------ SOURCE INFORMATION ------

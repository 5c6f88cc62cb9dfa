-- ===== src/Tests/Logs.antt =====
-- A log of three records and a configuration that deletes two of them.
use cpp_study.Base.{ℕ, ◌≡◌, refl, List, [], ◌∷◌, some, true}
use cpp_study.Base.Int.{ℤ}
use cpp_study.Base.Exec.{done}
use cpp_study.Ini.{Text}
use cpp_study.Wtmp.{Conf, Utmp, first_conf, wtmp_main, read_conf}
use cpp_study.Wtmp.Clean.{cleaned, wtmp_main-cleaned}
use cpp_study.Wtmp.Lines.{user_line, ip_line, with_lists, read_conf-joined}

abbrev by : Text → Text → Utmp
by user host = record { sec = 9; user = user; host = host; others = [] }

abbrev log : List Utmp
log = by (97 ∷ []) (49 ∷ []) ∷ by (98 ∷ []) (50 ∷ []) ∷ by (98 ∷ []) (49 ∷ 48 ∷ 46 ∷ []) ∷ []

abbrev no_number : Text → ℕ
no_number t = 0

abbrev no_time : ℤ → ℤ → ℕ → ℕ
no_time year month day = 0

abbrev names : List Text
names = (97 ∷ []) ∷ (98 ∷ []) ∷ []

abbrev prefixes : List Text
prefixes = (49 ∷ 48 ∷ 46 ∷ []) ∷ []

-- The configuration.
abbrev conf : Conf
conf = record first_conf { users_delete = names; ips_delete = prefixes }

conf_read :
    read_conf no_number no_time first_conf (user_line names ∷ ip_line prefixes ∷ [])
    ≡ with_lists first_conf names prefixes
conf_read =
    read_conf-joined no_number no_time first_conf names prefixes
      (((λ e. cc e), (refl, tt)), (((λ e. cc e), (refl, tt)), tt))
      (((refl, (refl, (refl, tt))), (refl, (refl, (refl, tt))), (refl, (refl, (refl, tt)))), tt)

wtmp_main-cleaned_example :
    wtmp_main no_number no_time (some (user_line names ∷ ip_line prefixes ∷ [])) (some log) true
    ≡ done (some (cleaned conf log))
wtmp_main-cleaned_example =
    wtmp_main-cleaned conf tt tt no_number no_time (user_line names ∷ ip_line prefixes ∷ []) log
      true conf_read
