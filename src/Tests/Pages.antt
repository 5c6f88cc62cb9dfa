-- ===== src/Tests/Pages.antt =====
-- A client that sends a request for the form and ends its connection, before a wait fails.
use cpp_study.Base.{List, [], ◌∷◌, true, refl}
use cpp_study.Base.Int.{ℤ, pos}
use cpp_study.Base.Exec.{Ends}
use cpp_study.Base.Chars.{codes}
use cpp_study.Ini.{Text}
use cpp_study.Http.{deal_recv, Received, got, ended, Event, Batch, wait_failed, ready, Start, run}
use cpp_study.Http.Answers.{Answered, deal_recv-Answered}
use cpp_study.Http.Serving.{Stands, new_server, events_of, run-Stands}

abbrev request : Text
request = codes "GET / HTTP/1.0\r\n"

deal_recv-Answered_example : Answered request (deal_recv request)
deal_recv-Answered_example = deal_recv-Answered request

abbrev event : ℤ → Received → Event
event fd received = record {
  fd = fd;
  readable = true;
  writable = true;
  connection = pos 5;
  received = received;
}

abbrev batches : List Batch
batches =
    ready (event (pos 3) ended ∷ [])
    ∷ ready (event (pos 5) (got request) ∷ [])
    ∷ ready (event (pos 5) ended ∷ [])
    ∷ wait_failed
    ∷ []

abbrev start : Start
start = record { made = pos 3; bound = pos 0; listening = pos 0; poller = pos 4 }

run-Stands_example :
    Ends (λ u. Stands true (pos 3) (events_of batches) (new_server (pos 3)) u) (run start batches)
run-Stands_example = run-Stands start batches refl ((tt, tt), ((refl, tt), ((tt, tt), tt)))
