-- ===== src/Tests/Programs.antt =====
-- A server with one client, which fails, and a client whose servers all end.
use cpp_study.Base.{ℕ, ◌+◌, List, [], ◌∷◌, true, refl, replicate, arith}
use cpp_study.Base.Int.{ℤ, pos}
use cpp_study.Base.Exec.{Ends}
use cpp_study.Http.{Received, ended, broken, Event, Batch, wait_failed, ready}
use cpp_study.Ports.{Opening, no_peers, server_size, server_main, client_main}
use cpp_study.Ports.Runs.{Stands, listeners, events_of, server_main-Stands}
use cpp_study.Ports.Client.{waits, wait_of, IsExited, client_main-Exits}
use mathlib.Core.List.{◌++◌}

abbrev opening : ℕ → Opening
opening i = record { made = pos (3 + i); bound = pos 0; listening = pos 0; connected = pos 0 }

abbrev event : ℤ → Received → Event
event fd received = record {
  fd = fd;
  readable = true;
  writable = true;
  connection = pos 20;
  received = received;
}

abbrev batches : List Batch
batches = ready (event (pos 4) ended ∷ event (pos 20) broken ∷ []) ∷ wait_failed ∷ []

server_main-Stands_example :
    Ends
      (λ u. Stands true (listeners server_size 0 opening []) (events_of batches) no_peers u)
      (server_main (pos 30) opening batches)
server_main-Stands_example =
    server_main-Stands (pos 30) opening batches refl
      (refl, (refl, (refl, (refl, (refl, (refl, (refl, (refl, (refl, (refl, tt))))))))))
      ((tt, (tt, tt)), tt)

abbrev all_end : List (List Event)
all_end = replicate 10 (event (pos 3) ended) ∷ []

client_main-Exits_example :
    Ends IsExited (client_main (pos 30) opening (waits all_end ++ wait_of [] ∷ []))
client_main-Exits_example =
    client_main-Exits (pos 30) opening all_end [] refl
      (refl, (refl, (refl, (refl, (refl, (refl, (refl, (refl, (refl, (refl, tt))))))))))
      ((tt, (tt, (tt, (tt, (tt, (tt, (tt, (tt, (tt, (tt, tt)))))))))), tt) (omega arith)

------

▸ WHAT NEEDS TO BE DONE: Transcribe the full listing above without leaving anything out.

▸ OUTPUT OF THE TASK:
repository 5c6f88cc62cb9dfa
-- ===== src/Tests/Logs.antt =====
-- A log of three records and a configuration that deletes two of them.
use cpp_study.Base.{ℕ, ◌≡◌, refl, List, [], ◌∷◌, some, true}
use cpp_study.Base.Int.{ℤ}
use cpp_study.Base.Exec.{done}
use cpp_study.Ini.{Text}
use cpp_study.Wtmp.{Conf, Utmp, first_conf, wtmp_main, read_conf}
use cpp_study.Wtmp.Clean.{cleaned, wtmp_main-cleaned}
use cpp_study.Wtmp.Lines.{user_line, ip_line, with_lists, read_conf-joined}

abbrev by : Text → Text → Utmp
by user host = record { sec = 9; user = user; host = host; others = [] }

abbrev log : List Utmp
log = by (97 ∷ []) (49 ∷ []) ∷ by (98 ∷ []) (50 ∷ []) ∷ by (98 ∷ []) (49 ∷ 48 ∷ 46 ∷ []) ∷ []

abbrev no_number : Text → ℕ
no_number t = 0

abbrev no_time : ℤ → ℤ → ℕ → ℕ
no_time year month day = 0

abbrev names : List Text
names = (97 ∷ []) ∷ (98 ∷ []) ∷ []

abbrev prefixes : List Text
prefixes = (49 ∷ 48 ∷ 46 ∷ []) ∷ []

-- The configuration.
abbrev conf : Conf
conf = record first_conf { users_delete = names; ips_delete = prefixes }

conf_read :
    read_conf no_number no_time first_conf (user_line names ∷ ip_line prefixes ∷ [])
    ≡ with_lists first_conf names prefixes
conf_read =
    read_conf-joined no_number no_time first_conf names prefixes
      (((λ e. cc e), (refl, tt)), (((λ e. cc e), (refl, tt)), tt))
      (((refl, (refl, (refl, tt))), (refl, (refl, (refl, tt))), (refl, (refl, (refl, tt)))), tt)

wtmp_main-cleaned_example :
    wtmp_main no_number no_time (some (user_line names ∷ ip_line prefixes ∷ [])) (some log) true
    ≡ done (some (cleaned conf log))
wtmp_main-cleaned_example =
    wtmp_main-cleaned conf tt tt no_number no_time (user_line names ∷ ip_line prefixes ∷ []) log
      true conf_read
filename src/Tests/Pages.antt
repository 5c6f88cc62cb9dfa
-- ===== src/Tests/Pages.antt =====
-- A client that sends a request for the form and ends its connection, before a wait fails.
use cpp_study.Base.{List, [], ◌∷◌, true, refl}
use cpp_study.Base.Int.{ℤ, pos}
use cpp_study.Base.Exec.{Ends}
use cpp_study.Base.Chars.{codes}
use cpp_study.Ini.{Text}
use cpp_study.Http.{deal_recv, Received, got, ended, Event, Batch, wait_failed, ready, Start, run}
use cpp_study.Http.Answers.{Answered, deal_recv-Answered}
use cpp_study.Http.Serving.{Stands, new_server, events_of, run-Stands}

abbrev request : Text
request = codes "GET / HTTP/1.0\r\n"

deal_recv-Answered_example : Answered request (deal_recv request)
deal_recv-Answered_example = deal_recv-Answered request

abbrev event : ℤ → Received → Event
event fd received = record {
  fd = fd;
  readable = true;
  writable = true;
  connection = pos 5;
  received = received;
}

abbrev batches : List Batch
batches =
    ready (event (pos 3) ended ∷ [])
    ∷ ready (event (pos 5) (got request) ∷ [])
    ∷ ready (event (pos 5) ended ∷ [])
    ∷ wait_failed
    ∷ []

abbrev start : Start
start = record { made = pos 3; bound = pos 0; listening = pos 0; poller = pos 4 }

run-Stands_example :
    Ends (λ u. Stands true (pos 3) (events_of batches) (new_server (pos 3)) u) (run start batches)
run-Stands_example = run-Stands start batches refl ((tt, tt), ((refl, tt), ((tt, tt), tt)))
-- ===== src/Tests/Programs.antt =====
-- A server with one client, which fails, and a client whose servers all end.
use cpp_study.Base.{ℕ, ◌+◌, List, [], ◌∷◌, true, refl, replicate, arith}
use cpp_study.Base.Int.{ℤ, pos}
use cpp_study.Base.Exec.{Ends}
use cpp_study.Http.{Received, ended, broken, Event, Batch, wait_failed, ready}
use cpp_study.Ports.{Opening, no_peers, server_size, server_main, client_main}
use cpp_study.Ports.Runs.{Stands, listeners, events_of, server_main-Stands}
use cpp_study.Ports.Client.{waits, wait_of, IsExited, client_main-Exits}
use mathlib.Core.List.{◌++◌}

abbrev opening : ℕ → Opening
opening i = record { made = pos (3 + i); bound = pos 0; listening = pos 0; connected = pos 0 }

abbrev event : ℤ → Received → Event
event fd received = record {
  fd = fd;
  readable = true;
  writable = true;
  connection = pos 20;
  received = received;
}

abbrev batches : List Batch
batches = ready (event (pos 4) ended ∷ event (pos 20) broken ∷ []) ∷ wait_failed ∷ []

server_main-Stands_example :
    Ends
      (λ u. Stands true (listeners server_size 0 opening []) (events_of batches) no_peers u)
      (server_main (pos 30) opening batches)
server_main-Stands_example =
    server_main-Stands (pos 30) opening batches refl
      (refl, (refl, (refl, (refl, (refl, (refl, (refl, (refl, (refl, (refl, tt))))))))))
      ((tt, (tt, tt)), tt)

abbrev all_end : List (List Event)
all_end = replicate 10 (event (pos 3) ended) ∷ []

client_main-Exits_example :
    Ends IsExited (client_main (pos 30) opening (waits all_end ++ wait_of [] ∷ []))
client_main-Exits_example =
    client_main-Exits (pos 30) opening all_end [] refl
      (refl, (refl, (refl, (refl, (refl, (refl, (refl, (refl, (refl, (refl, tt))))))))))
      ((tt, (tt, (tt, (tt, (tt, (tt, (tt, (tt, (tt, (tt, tt)))))))))), tt) (omega arith)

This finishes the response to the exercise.